[Activity]:
Return all the data, word for word.

[Opening The records section]

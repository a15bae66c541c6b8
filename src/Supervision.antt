-- ===== src/Supervision.antt =====
-- scripts/pd_fleet/supervision.py: the diagnosis of one health snapshot. A signal is the member of
-- its closed vocabulary that HealthSignal validates; an age is in whole seconds, which decides every
-- `>=` against the thresholds as the fractional age does. Identifiers and references are kept as
-- they are given: the text checks of handoff.py are not part of the model.
pub mod Diagnosis
use Prim.Native.String.{◌++◌ as append}
use project_development_skil.Base.{
  ℕ, String, Bool, true, false, not, ◌&&◌, ◌||◌, Option, none, some, List, [], ◌∷◌, leb, ◌==◌,
  if◌then◌else◌,
}

pub data Liveness : Type 0 where
  alive missing liveness_unknown : Liveness

pub data WorkerReadiness : Type 0 where
  ready not_ready readiness_unknown : WorkerReadiness

pub data Progress : Type 0 where
  advanced stalled progress_unknown : Progress

pub data Health : Type 0 where
  healthy_signal degraded_signal failed_signal health_unknown : Health

pub record HealthSignal : Type 0 where
  pub liveness : Liveness
  pub readiness : WorkerReadiness
  pub progress : Progress
  pub health : Health

pub record HealthSnapshot : Type 0 where
  pub mission_run_id : String
  pub task_id : String
  pub lane_id : String
  pub owner_epoch : ℕ
  pub signal : HealthSignal
  pub last_heartbeat_age_seconds : Option ℕ
  pub last_progress_age_seconds : Option ℕ

-- HandoffReason, as far as the diagnosis uses it
pub data HandoffReason : Type 0 where
  retry fallback human_intervention : HandoffReason

pub record InterventionProposal : Type 0 where
  pub action : String
  pub reason : HandoffReason
  pub target : String
  pub evidence_refs : List String
  pub human_gate_required : Bool

-- _DIAGNOSIS_STATUSES
pub data DiagnosisStatus : Type 0 where
  healthy slow suspected blocked degraded failed needs_human_intervention : DiagnosisStatus

pub record SupervisorDiagnosis : Type 0 where
  pub status : DiagnosisStatus
  pub reasons : List String
  pub proposals : List InterventionProposal

pub data DesiredState : Type 0 where
  running paused completed cancelled : DesiredState

abbrev pub max_age_seconds : ℕ
max_age_seconds = 2592000

abbrev pub heartbeat_suspect_seconds : ℕ
heartbeat_suspect_seconds = 60

abbrev pub heartbeat_human_seconds : ℕ
heartbeat_human_seconds = 300

abbrev pub progress_slow_seconds : ℕ
progress_slow_seconds = 300

-- HealthSnapshot.__post_init__, the bounds on the ages
abbrev pub age_in_bounds : Option ℕ → Bool
age_in_bounds none = true
age_in_bounds (some age) = leb age max_age_seconds

unfoldable pub snapshot_accepted : HealthSnapshot → Bool
snapshot_accepted s =
    age_in_bounds s.last_heartbeat_age_seconds && age_in_bounds s.last_progress_age_seconds

-- _proposal
unfoldable pub proposal : String → HandoffReason → HealthSnapshot → Bool → InterventionProposal
proposal action reason s human = record {
  action = action;
  reason = reason;
  target = s.task_id;
  evidence_refs = append "snapshot:" (append s.mission_run_id (append ":" s.task_id)) ∷ [];
  human_gate_required = human;
}

-- `age is not None and age >= threshold`
abbrev pub reaches : Option ℕ → ℕ → Bool
reaches none threshold = false
reaches (some age) threshold = leb threshold age

abbrev is_missing : Liveness → Bool
is_missing missing = true
is_missing _ = false

abbrev pub is_alive : Liveness → Bool
is_alive alive = true
is_alive _ = false

abbrev is_not_ready : WorkerReadiness → Bool
is_not_ready not_ready = true
is_not_ready _ = false

abbrev is_stalled : Progress → Bool
is_stalled stalled = true
is_stalled _ = false

abbrev pub is_advanced : Progress → Bool
is_advanced advanced = true
is_advanced _ = false

abbrev is_failed : Health → Bool
is_failed failed_signal = true
is_failed _ = false

abbrev is_degraded : Health → Bool
is_degraded degraded_signal = true
is_degraded _ = false

-- `"unknown" in (liveness, readiness, progress, health)`
abbrev any_unknown : Liveness → WorkerReadiness → Progress → Health → Bool
any_unknown liveness_unknown _ _ _ = true
any_unknown _ readiness_unknown _ _ = true
any_unknown _ _ progress_unknown _ = true
any_unknown _ _ _ health_unknown = true
any_unknown _ _ _ _ = false

abbrev diagnosis : DiagnosisStatus → List String → List InterventionProposal → SupervisorDiagnosis
diagnosis status reasons proposals = record {
  status = status;
  reasons = reasons;
  proposals = proposals;
}

unfoldable pub diagnose_snapshot : HealthSnapshot → SupervisorDiagnosis
unfolding proposal
diagnose_snapshot s =
    if is_failed signal.health
    then diagnosis failed ("worker_reported_failed" ∷ [])
        (proposal "inspect" human_intervention s true ∷ [])
    else if is_missing signal.liveness
    then (if reaches s.last_heartbeat_age_seconds heartbeat_human_seconds
        then diagnosis needs_human_intervention ("heartbeat_missing_too_long" ∷ [])
            (proposal "inspect" human_intervention s true ∷ [])
        else diagnosis suspected ("heartbeat_missing" ∷ []) [])
    else if is_not_ready signal.readiness
    then diagnosis blocked ("worker_not_ready" ∷ []) (proposal "inspect" fallback s false ∷ [])
    else if is_stalled signal.progress
    then (if reaches s.last_progress_age_seconds progress_slow_seconds
        then diagnosis slow ("progress_stalled" ∷ "progress_age_exceeded_slow_threshold" ∷ [])
            (proposal "inspect" retry s false ∷ [])
        else diagnosis suspected ("progress_stalled" ∷ []) [])
    else if is_degraded signal.health
    then diagnosis degraded ("health_degraded" ∷ []) (proposal "inspect" fallback s false ∷ [])
    else if any_unknown signal.liveness signal.readiness signal.progress signal.health
    then diagnosis suspected ("incomplete_health_signal" ∷ []) []
    else if reaches s.last_heartbeat_age_seconds heartbeat_suspect_seconds
    then diagnosis suspected ("heartbeat_age_exceeded_suspect_threshold" ∷ []) []
    else diagnosis healthy [] []
  where
    open s use {signal}

abbrev is_stale : ℕ → Option ℕ → Bool
is_stale epoch none = false
is_stale epoch (some active) = not (epoch == active)

-- What is left of `reconcile_snapshot` once the epoch is current.
reconcile_current : HealthSnapshot → DesiredState → SupervisorDiagnosis
unfolding diagnose_snapshot
reconcile_current s running = diagnose_snapshot s
reconcile_current s paused =
    if is_alive s.signal.liveness
    then diagnosis degraded ("pause_not_observed" ∷ []) []
    else diagnosis healthy [] []
reconcile_current s completed =
    if is_advanced s.signal.progress
    then diagnosis healthy [] []
    else diagnosis blocked ("terminal_state_not_ready" ∷ []) []
reconcile_current s cancelled =
    if is_advanced s.signal.progress
    then diagnosis healthy [] []
    else diagnosis blocked ("terminal_state_not_ready" ∷ []) []

unfoldable pub reconcile_snapshot : HealthSnapshot → DesiredState → Option ℕ → SupervisorDiagnosis
unfolding reconcile_current
reconcile_snapshot s desired active_owner_epoch =
    if is_stale s.owner_epoch active_owner_epoch
    then diagnosis blocked ("stale_owner_epoch" ∷ []) []
    else reconcile_current s desired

[Closing The records section]

[Exercise answer]:
repository a15bae66c541c6b8
filename src/Supervision.antt
-- ===== src/Supervision.antt =====
-- scripts/pd_fleet/supervision.py: the diagnosis of one health snapshot. A signal is the member of
-- its closed vocabulary that HealthSignal validates; an age is in whole seconds, which decides every
-- `>=` against the thresholds as the fractional age does. Identifiers and references are kept as
-- they are given: the text checks of handoff.py are not part of the model.
pub mod Diagnosis
use Prim.Native.String.{◌++◌ as append}
use project_development_skil.Base.{
  ℕ, String, Bool, true, false, not, ◌&&◌, ◌||◌, Option, none, some, List, [], ◌∷◌, leb, ◌==◌,
  if◌then◌else◌,
}

pub data Liveness : Type 0 where
  alive missing liveness_unknown : Liveness

pub data WorkerReadiness : Type 0 where
  ready not_ready readiness_unknown : WorkerReadiness

pub data Progress : Type 0 where
  advanced stalled progress_unknown : Progress

pub data Health : Type 0 where
  healthy_signal degraded_signal failed_signal health_unknown : Health

pub record HealthSignal : Type 0 where
  pub liveness : Liveness
  pub readiness : WorkerReadiness
  pub progress : Progress
  pub health : Health

pub record HealthSnapshot : Type 0 where
  pub mission_run_id : String
  pub task_id : String
  pub lane_id : String
  pub owner_epoch : ℕ
  pub signal : HealthSignal
  pub last_heartbeat_age_seconds : Option ℕ
  pub last_progress_age_seconds : Option ℕ

-- HandoffReason, as far as the diagnosis uses it
pub data HandoffReason : Type 0 where
  retry fallback human_intervention : HandoffReason

pub record InterventionProposal : Type 0 where
  pub action : String
  pub reason : HandoffReason
  pub target : String
  pub evidence_refs : List String
  pub human_gate_required : Bool

-- _DIAGNOSIS_STATUSES
pub data DiagnosisStatus : Type 0 where
  healthy slow suspected blocked degraded failed needs_human_intervention : DiagnosisStatus

pub record SupervisorDiagnosis : Type 0 where
  pub status : DiagnosisStatus
  pub reasons : List String
  pub proposals : List InterventionProposal

pub data DesiredState : Type 0 where
  running paused completed cancelled : DesiredState

abbrev pub max_age_seconds : ℕ
max_age_seconds = 2592000

abbrev pub heartbeat_suspect_seconds : ℕ
heartbeat_suspect_seconds = 60

abbrev pub heartbeat_human_seconds : ℕ
heartbeat_human_seconds = 300

abbrev pub progress_slow_seconds : ℕ
progress_slow_seconds = 300

-- HealthSnapshot.__post_init__, the bounds on the ages
abbrev pub age_in_bounds : Option ℕ → Bool
age_in_bounds none = true
age_in_bounds (some age) = leb age max_age_seconds

unfoldable pub snapshot_accepted : HealthSnapshot → Bool
snapshot_accepted s =
    age_in_bounds s.last_heartbeat_age_seconds && age_in_bounds s.last_progress_age_seconds

-- _proposal
unfoldable pub proposal : String → HandoffReason → HealthSnapshot → Bool → InterventionProposal
proposal action reason s human = record {
  action = action;
  reason = reason;
  target = s.task_id;
  evidence_refs = append "snapshot:" (append s.mission_run_id (append ":" s.task_id)) ∷ [];
  human_gate_required = human;
}

-- `age is not None and age >= threshold`
abbrev pub reaches : Option ℕ → ℕ → Bool
reaches none threshold = false
reaches (some age) threshold = leb threshold age

abbrev is_missing : Liveness → Bool
is_missing missing = true
is_missing _ = false

abbrev pub is_alive : Liveness → Bool
is_alive alive = true
is_alive _ = false

abbrev is_not_ready : WorkerReadiness → Bool
is_not_ready not_ready = true
is_not_ready _ = false

abbrev is_stalled : Progress → Bool
is_stalled stalled = true
is_stalled _ = false

abbrev pub is_advanced : Progress → Bool
is_advanced advanced = true
is_advanced _ = false

abbrev is_failed : Health → Bool
is_failed failed_signal = true
is_failed _ = false

abbrev is_degraded : Health → Bool
is_degraded degraded_signal = true
is_degraded _ = false

-- `"unknown" in (liveness, readiness, progress, health)`
abbrev any_unknown : Liveness → WorkerReadiness → Progress → Health → Bool
any_unknown liveness_unknown _ _ _ = true
any_unknown _ readiness_unknown _ _ = true
any_unknown _ _ progress_unknown _ = true
any_unknown _ _ _ health_unknown = true
any_unknown _ _ _ _ = false

abbrev diagnosis : DiagnosisStatus → List String → List InterventionProposal → SupervisorDiagnosis
diagnosis status reasons proposals = record {
  status = status;
  reasons = reasons;
  proposals = proposals;
}

unfoldable pub diagnose_snapshot : HealthSnapshot → SupervisorDiagnosis
unfolding proposal
diagnose_snapshot s =
    if is_failed signal.health
    then diagnosis failed ("worker_reported_failed" ∷ [])
        (proposal "inspect" human_intervention s true ∷ [])
    else if is_missing signal.liveness
    then (if reaches s.last_heartbeat_age_seconds heartbeat_human_seconds
        then diagnosis needs_human_intervention ("heartbeat_missing_too_long" ∷ [])
            (proposal "inspect" human_intervention s true ∷ [])
        else diagnosis suspected ("heartbeat_missing" ∷ []) [])
    else if is_not_ready signal.readiness
    then diagnosis blocked ("worker_not_ready" ∷ []) (proposal "inspect" fallback s false ∷ [])
    else if is_stalled signal.progress
    then (if reaches s.last_progress_age_seconds progress_slow_seconds
        then diagnosis slow ("progress_stalled" ∷ "progress_age_exceeded_slow_threshold" ∷ [])
            (proposal "inspect" retry s false ∷ [])
        else diagnosis suspected ("progress_stalled" ∷ []) [])
    else if is_degraded signal.health
    then diagnosis degraded ("health_degraded" ∷ []) (proposal "inspect" fallback s false ∷ [])
    else if any_unknown signal.liveness signal.readiness signal.progress signal.health
    then diagnosis suspected ("incomplete_health_signal" ∷ []) []
    else if reaches s.last_heartbeat_age_seconds heartbeat_suspect_seconds
    then diagnosis suspected ("heartbeat_age_exceeded_suspect_threshold" ∷ []) []
    else diagnosis healthy [] []
  where
    open s use {signal}

abbrev is_stale : ℕ → Option ℕ → Bool
is_stale epoch none = false
is_stale epoch (some active) = not (epoch == active)

-- What is left of `reconcile_snapshot` once the epoch is current.
reconcile_current : HealthSnapshot → DesiredState → SupervisorDiagnosis
unfolding diagnose_snapshot
reconcile_current s running = diagnose_snapshot s
reconcile_current s paused =
    if is_alive s.signal.liveness
    then diagnosis degraded ("pause_not_observed" ∷ []) []
    else diagnosis healthy [] []
reconcile_current s completed =
    if is_advanced s.signal.progress
    then diagnosis healthy [] []
    else diagnosis blocked ("terminal_state_not_ready" ∷ []) []
reconcile_current s cancelled =
    if is_advanced s.signal.progress
    then diagnosis healthy [] []
    else diagnosis blocked ("terminal_state_not_ready" ∷ []) []

unfoldable pub reconcile_snapshot : HealthSnapshot → DesiredState → Option ℕ → SupervisorDiagnosis
unfolding reconcile_current
reconcile_snapshot s desired active_owner_epoch =
    if is_stale s.owner_epoch active_owner_epoch
    then diagnosis blocked ("stale_owner_epoch" ∷ []) []
    else reconcile_current s desired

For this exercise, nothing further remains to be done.